Also, a similar but slightly different theory: I know that what happens sometimes with men (and women I suppose), when they are continuously being turned down by their partner, is that, as a coping mechanism, they essentially rewire their brain regarding sex. They deal with the situation by sort of turning off the part of them that needs sex - they kinda let it go dead so that it doesn't bother them as much... so that the lack of it doesn't drive them crazy, and they no longer think about it much, look forward to it, or expect it. Not all men are willing or able to do this, but I do know of men who have been in situations, for instance, where there was a health issue on the part of their wife, and they had no intention of being unfaithful, and of course, wouldn't keep pressuring her, so they coped through this approach (along with keeping themselves very, very busy in life to help avoid thinking about it). What ends up happening is that they end up conditioning themselves to not think about it, not need it. They basically kill the drive within themselves, so even if the situation changes, they no longer have the type of need/desire/urge that would have otherwise been normal for them. The good news is that this "re-wiring" can be undone and they can get their drive back, but _how_ they get to that point again all depends on the specifics of the circumstances (do they even realize that they shut down their drive & how it happened, do they want to get their drive back, etc, etc).

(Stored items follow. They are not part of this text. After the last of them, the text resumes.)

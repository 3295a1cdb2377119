-- ===== src/Plugin/Counted/Sessions.antt =====
-- The count of a backend through every change to the sessions.
use nova_airouter.Prelude.{
  ℕ, suc, ◌+◌, ◌==◌, Time, ℤ, pos, negsuc, ◌+ℤ◌, i32, ltb_ℤ, elapsed, true, false, if◌then◌else◌,
  none, some, [], ◌∷◌, inl, inr, Text, text_eq_iff, text_eq_refl, Dict, lookup, insert, delete,
  Distinct, insert-Distinct, delete-Distinct, lookup-delete, ◌≡◌, refl, sym, ap, ◌∙◌, subst, arith,
  Bool-cases, Option-cases, ==_iff,
}
use nova_airouter.Plugin.{
  Backend, Heap, SessionInfo, Plugin, add_conn, is_at, bind_session, release, release_of,
  unbind_session, touched, update_session_activity, cleanup_sessions, update_backend_latency,
  cleanup_expired_sessions, session_timeout_of,
}
use nova_airouter.Plugin.Counted.Release.{
  eq_ℤ-iff, at_session, bound, bound-insert, bound-delete, SameAddresses, add_conn-SameAddresses,
  release-SameAddresses, listed, IsAloneIn, IsAloneIn-SameAddresses, add_conn-here, add_conn-at,
  add_conn-there, neq_self, dropped, release-alone,
}

i32-plus : (n : ℕ) → i32 (i32 (pos n) +ℤ pos 1) ≡ i32 (pos (suc n))
unfolding i32 ◌+ℤ◌
i32-plus n = ground arith

i32-minus : (n : ℕ) → i32 (i32 (pos (suc n)) +ℤ negsuc 0) ≡ i32 (pos n)
unfolding i32 ◌+ℤ◌
i32-minus n = ground arith

-- The count of the backend `q` is right: it is the number of sessions that are bound to it and of
-- the `n` requests that it runs, as an `int32`; one model lists it, and it alone has its address.
pub record Counted (n q : ℕ) (s : Plugin) : Type 0 where
  pub distinct : Distinct s.sessions
  pub once : listed q s.models ≡ 1
  pub alone : IsAloneIn q s.heap s.models
  pub conn :
      (s.heap q).active_conn ≡ i32 (pos (n + bound (s.heap q).address (s.heap q).port s.sessions))

-- A change of the heap and of the sessions that moves the count and the sessions alike.
moved-Counted :
    (n m q : ℕ) (s : Plugin) (h : Heap) (sessions : Dict SessionInfo)
    → Counted n q s
    → SameAddresses s.heap h
    → Distinct sessions
    → (h q).active_conn ≡ i32 (pos (m + bound (s.heap q).address (s.heap q).port sessions))
    → Counted m q (record s { heap = h; sessions = sessions })
moved-Counted n m q s h sessions c same d e = record {
  distinct = d;
  once = c.once;
  alone = IsAloneIn-SameAddresses q s.heap h s.models same c.alone;
  conn = rw ((same q).0, (same q).1) e;
}

is_at_self : (q p : ℕ) (h : Heap) → q ≡ p → is_at (h q).address (h q).port (h p) ≡ true
is_at_self q p h e = rw (← e) (ground (arith, text_eq_iff (h q).address (h q).address))

is_at-other :
    (q p : ℕ) (h : Heap)
    → (is_at (h q).address (h q).port (h p) ≡ true → p ≡ q)
    → (q == p) ≡ false
    → is_at (h q).address (h q).port (h p) ≡ false
is_at-other q p h own e = elim (Bool-cases (is_at (h q).address (h q).port (h p))) [
  | inl t ↦ absurd (neq_self q (subst (λ x. (q == x) ≡ false) (own t) e))
  | inr t ↦ t
]

up : (a : ℤ) (k k' : ℕ) → a ≡ i32 (pos k) → k' ≡ suc k → i32 (a +ℤ pos 1) ≡ i32 (pos k')
up a k k' e h = rw (e, h) (i32-plus k)

down : (a : ℤ) (k k' : ℕ) → a ≡ i32 (pos k) → k ≡ suc k' → i32 (a +ℤ negsuc 0) ≡ i32 (pos k')
down a k k' e h = rw (e, h) (i32-minus k')

abbrev pub session_to : Time → Text → Backend → SessionInfo
session_to now id b = record {
  session_id = id;
  backend_addr = b.address;
  backend_port = b.port;
  last_activity = now;
}

bound-bind :
    (addr : Text) (port : ℤ) (now : Time) (id : Text) (b : Backend) (m : Dict SessionInfo)
    → lookup id m ≡ none
    → bound addr port (insert id (session_to now id b) m)
      ≡ (if is_at addr port b then suc (bound addr port m) else bound addr port m)
bound-bind addr port now id b m e =
    let more = bound-insert addr port id (session_to now id b) m in
    ground (
      arith,
      rw e at more,
      text_eq_iff addr b.address,
      text_eq_iff b.address addr,
      eq_ℤ-iff port b.port,
      eq_ℤ-iff b.port port,
    )

bind-conn :
    (n q p : ℕ) (now : Time) (id : Text) (h : Heap) (m : Dict SessionInfo)
    → lookup id m ≡ none
    → (is_at (h q).address (h q).port (h p) ≡ true → p ≡ q)
    → (h q).active_conn ≡ i32 (pos (n + bound (h q).address (h q).port m))
    → (add_conn (pos 1) p h q).active_conn
      ≡ i32 (pos (n + bound (h q).address (h q).port (insert id (session_to now id (h p)) m)))
bind-conn n q p now id h m fresh own conn =
    let b = h q in
    let more = bound-bind b.address b.port now id (h p) m fresh in
    elim (Bool-cases (q == p)) [
      | inl e ↦
          let same = (==_iff q p).0 e in
          let here = is_at_self q p h same in
          subst
            (λ x.
              (add_conn (pos 1) x h q).active_conn
              ≡ i32 (pos (n + bound b.address b.port (insert id (session_to now id (h p)) m))))
            same (add_conn-here (pos 1) q h ∙ up _ _ _ conn (omega (arith, rw here at more)))
      | inr e ↦
          let away = is_at-other q p h own e in
          ap (λ x. x.active_conn) (add_conn-there (pos 1) p q h e)
          ∙ conn
          ∙ ap (λ k. i32 (pos (n + k))) (sym (rw away at more))
    ]

pub bind-Counted :
    (n q : ℕ) (now : Time) (id : Text) (p : ℕ) (s : Plugin)
    → Counted n q s
    → lookup id s.sessions ≡ none
    → (is_at (s.heap q).address (s.heap q).port (s.heap p) ≡ true → p ≡ q)
    → Counted n q (bind_session now id p s)
unfolding bind_session
bind-Counted n q now id p s c fresh own =
    moved-Counted n n q s (add_conn (pos 1) p s.heap)
      (insert id (session_to now id (s.heap p)) s.sessions) c
      (add_conn-SameAddresses (pos 1) p s.heap) (insert-Distinct id _ s.sessions c.distinct)
      (bind-conn n q p now id s.heap s.sessions fresh own c.conn)

pub drop-Counted :
    (n q : ℕ) (id : Text) (si : SessionInfo) (s : Plugin)
    → Counted n q s
    → lookup id s.sessions ≡ some si
    → Counted n q (record s {
      heap = release si.backend_addr si.backend_port s.models s.heap;
      sessions = delete id s.sessions;
    })
drop-Counted n q id si s c e =
    let b = s.heap q in
    let less = bound-delete b.address b.port id s.sessions c.distinct in
    moved-Counted n n q s _ (delete id s.sessions) c
      (release-SameAddresses si.backend_addr si.backend_port s.models s.heap)
      (delete-Distinct id s.sessions c.distinct)
      (release-alone q si.backend_addr si.backend_port s.models s.heap c.alone c.once
        ∙ elim (Bool-cases (at_session b.address b.port si)) [
          | inl t ↦ unfold dropped in rw t (down _ _ _ c.conn (omega (arith, rw (e, t) at less)))
          | inr t ↦
              unfold dropped in
              rw t (c.conn ∙ ap (λ k. i32 (pos k)) (omega (arith, rw (e, t) at less)))
        ])

pub unbind-Counted :
    (n q : ℕ) (id : Text) (s : Plugin) → Counted n q s → Counted n q (unbind_session id s)
unfolding unbind_session release_of
unbind-Counted n q id s c = elim (Option-cases (lookup id s.sessions)) [
  | inl e ↦
      let less = bound-delete (s.heap q).address (s.heap q).port id s.sessions c.distinct in
      rw e (
        moved-Counted n n q s s.heap (delete id s.sessions) c (λ p. (refl, refl, refl))
          (delete-Distinct id s.sessions c.distinct)
          (c.conn ∙ ap (λ k. i32 (pos k)) (omega (arith, rw e at less))))
  | inr (si, e) ↦ rw e (drop-Counted n q id si s c e)
]

pub touch-Counted :
    (n q : ℕ) (now : Time) (id : Text) (s : Plugin)
    → Counted n q s
    → Counted n q (update_session_activity now id s)
unfolding update_session_activity touched
touch-Counted n q now id s c = elim (Option-cases (lookup id s.sessions)) [
  | inl e ↦ rw e c
  | inr (si, e) ↦
      let b = s.heap q in
      let si' = record si { last_activity = now } in
      let more = bound-insert b.address b.port id si' s.sessions in
      rw e (
        moved-Counted n n q s s.heap (insert id si' s.sessions) c (λ p. (refl, refl, refl))
          (insert-Distinct id si' s.sessions c.distinct)
          (c.conn ∙ ap (λ k. i32 (pos k)) (omega (arith, rw e at more))))
]

pub latency-Counted :
    (n q : ℕ) (l : ℤ) (p : ℕ) (s : Plugin)
    → Counted n q s
    → Counted n q (record s { heap = update_backend_latency l p s.heap })
unfolding update_backend_latency
latency-Counted n q l p s c =
    moved-Counted n n q s _ s.sessions c (λ x. ground (arith, ==_iff x p)) c.distinct
      (ground (arith, ==_iff q p, c.conn))

-- The requests that run at `q`, with one more at `p`.
abbrev pub flights : ℕ → ℕ → ℕ → ℕ
flights q p n = if q == p then suc n else n

pub start-Counted :
    (n q p : ℕ) (s : Plugin)
    → Counted n q s
    → Counted (flights q p n) q (record s { heap = add_conn (pos 1) p s.heap })
start-Counted n q p s c =
    moved-Counted n (flights q p n) q s _ s.sessions c (add_conn-SameAddresses (pos 1) p s.heap)
      c.distinct
      (elim (Bool-cases (q == p)) [
        | inl e ↦
            add_conn-at (pos 1) p q s.heap e
            ∙ up _ (n + bound (s.heap q).address (s.heap q).port s.sessions) _ c.conn
                (rw e (omega arith))
        | inr e ↦ rw e (ap (λ x. x.active_conn) (add_conn-there (pos 1) p q s.heap e) ∙ c.conn)
      ])

pub finish-Counted :
    (n q p : ℕ) (s : Plugin)
    → Counted (flights q p n) q s
    → Counted n q (record s { heap = add_conn (negsuc 0) p s.heap })
finish-Counted n q p s c =
    moved-Counted (flights q p n) n q s _ s.sessions c (add_conn-SameAddresses (negsuc 0) p s.heap)
      c.distinct
      (elim (Bool-cases (q == p)) [
        | inl e ↦
            add_conn-at (negsuc 0) p q s.heap e
            ∙ down _ _ (n + bound (s.heap q).address (s.heap q).port s.sessions) c.conn
                (rw e (omega arith))
        | inr e ↦
            (ap (λ x. x.active_conn) (add_conn-there (negsuc 0) p q s.heap e) ∙ rw e at c.conn)
      ])

-- The sessions that are still to be looked at stand as the range saw them.
abbrev pub AreIn : Dict SessionInfo → Dict SessionInfo → Type 0
AreIn m [] = Unit
AreIn m ((id, si) ∷ rest) = (lookup id m ≡ some si) × AreIn m rest

delete-AreIn :
    (id : Text) (m rest : Dict SessionInfo)
    → lookup id rest ≡ none
    → AreIn m rest
    → AreIn (delete id m) rest
unfolding lookup
delete-AreIn id m [] e i = tt
delete-AreIn id m ((j, sj) ∷ rest) e i = (
  ground (arith, lookup-delete id j m, text_eq_iff id j, text_eq_iff j id, i.0),
  delete-AreIn id m rest (ground arith) i.1,
)

cleanup-Counted :
    (n q : ℕ) (now : Time) (rest : Dict SessionInfo) (s : Plugin)
    → Counted n q s
    → Distinct rest
    → AreIn s.sessions rest
    → Counted n q (cleanup_sessions now rest s)
unfolding cleanup_sessions
cleanup-Counted n q now [] s c d i = c
cleanup-Counted n q now ((id, si) ∷ rest) s c d i =
    elim (Bool-cases (ltb_ℤ (session_timeout_of s.config) (elapsed now si.last_activity))) [
      | inl e ↦ rw e (
          cleanup-Counted n q now rest _ (drop-Counted n q id si s c i.0) d.1
            (delete-AreIn id s.sessions rest d.0 i.1))
      | inr e ↦ rw e (cleanup-Counted n q now rest s c d.1 i.1)
    ]

cons-AreIn :
    (k : Text) (v : SessionInfo) (m rest : Dict SessionInfo)
    → lookup k rest ≡ none
    → AreIn m rest
    → AreIn ((k, v) ∷ m) rest
unfolding lookup
cons-AreIn k v m [] e i = tt
cons-AreIn k v m ((j, sj) ∷ rest) e i = (
  ground (arith, text_eq_iff k j, text_eq_iff j k, i.0),
  cons-AreIn k v m rest (ground arith) i.1,
)

self-AreIn : (m : Dict SessionInfo) → Distinct m → AreIn m m
unfolding lookup
self-AreIn [] d = tt
self-AreIn ((k, v) ∷ m) d = (rw (text_eq_refl k) refl, cons-AreIn k v m m d.0 (self-AreIn m d.1))

pub cleanup_expired-Counted :
    (n q : ℕ) (now : Time) (s : Plugin)
    → Counted n q s
    → Counted n q (cleanup_expired_sessions now s)
unfolding cleanup_expired_sessions
cleanup_expired-Counted n q now s c =
    cleanup-Counted n q now s.sessions s c c.distinct (self-AreIn s.sessions c.distinct)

Anyway, that's a very, very hard situation you are in, as are others on this board, and I feel for you.


----------



## justfabulous (Feb 9, 2014)

helpthisguy86 said:


> This times 1000, this is what killed my drive. I use to have a VERY high drive and want 5-6 times per week. My ex shot me down left and right, had an EA (most likely PA even though I never could prove it was) and STILL shot me down. We were both 27 and 28 respectively. Went over 1 whole year with being rejected. Now that I'm free I have no interest in women and would rather masturbate than try to get sex since I'd rather just not get it than to have rejection occur again. I guess it's been turned off so to speak.....
> 
> I wish you luck..



I can totally understand where you are coming from, but I hope not too long from now you dust yourself off and get back in the game (you're single, unlike the people here who are stuck & slowly dying in a sexless marriage - go find the right person who is a compatible match for you and wants you as much as you want her - she's out there!). If you keep yourself shut down like this, one day you're going to wake up and realize how much you've held yourself back, how much living you've missed out on, and then you'll deal with even more pain from regret. I understand the need for a bit of a recovery period after something like that, but if you let yourself remain in that state for too long, you might really be cheating yourself  Just my 2 cents....


----------



## Stonewall (Jul 5, 2011)

Just one possibility here. Some men thrive on conquering. He may be one of those. In his subconscious he may view sex with you as a given thereby removing the need to conquer you. Perhaps a bit of the 180 might help. 

Good luck may the winds of change be at your back!


----------



## SlowlyGettingWiser (Apr 7, 2012)

I'm confused, KyGirl.

I understand it's a 2nd marriage for both of you.


> My sex drive has always been extremely high, and he led me to believe his was the same when we were getting to know each other.


Am I correct in inferring that you did NOT have sex with your husband BEFORE marriage, so you only had his 'word' to go on that he was HD?



> He says he does desire me, but constantly rejects me when it comes to sex. "too tired", "i prefer mornings", then morning comes and nothing. Part of the reason his first marriage dissolved was she refused him constantly. Then he talks about how he wishes I'd known him when he was with his ex-girlfriend, they had sex almost daily. He seems to have nothing left for me.


Am I correct in inferring that he was in his sexless first marriage, THEN came the girlfriend with the daily sex life, THEN came you. The girlfriend with the daily sex life was NOT before the sexless first marriage?



> He won't go to counseling. Had his testosterone checked, it was normal.


*If* both of my inferences above are correct, then I would have to believe that Faithful Wife hit the nail on the head when she said:


> I'm betting the "sex almost daily" with the ex is a misrepresentation, and I would also doubt the ex-wife rejecting him story.


Because if my inferences are correct, then he isn't rejecting sex with you *out of fear of rejection from you* (as Accipter and HelpThisGuy posited) because the 24/7/365-sex-gf in between marriage#1 and YOU would have mitigated his fear of rejection. If I've made incorrect inferences and screwed up the timeline, then please ignore my theory.

*Two possible theories:*

He's asexual; sounds more likely that marriage#1 imploded because of it, and ex-gf w/extraordinary sex life is made-up to assure you he's NOT asexual. Rejection of you would be because he's asexual,
Fear of rejection as Accipter & HelpThisGuy spoke of is also possible. But, again, the 24/7/365-sex-gf could not have existed.
Either way, you're only 18 months into this marriage. If you can't live without sex and intimacy, he can't/won't give it to you, he refuses to seek help with you...what is left? You know.


----------



## pierrematoe (Sep 6, 2013)

soulseer said:


> 3 months is a very long time for a guy not to initiate sex..
> _Posted via Mobile Device_


Exactly my thoughts. There has to be more to his story than the OP knows about.


----------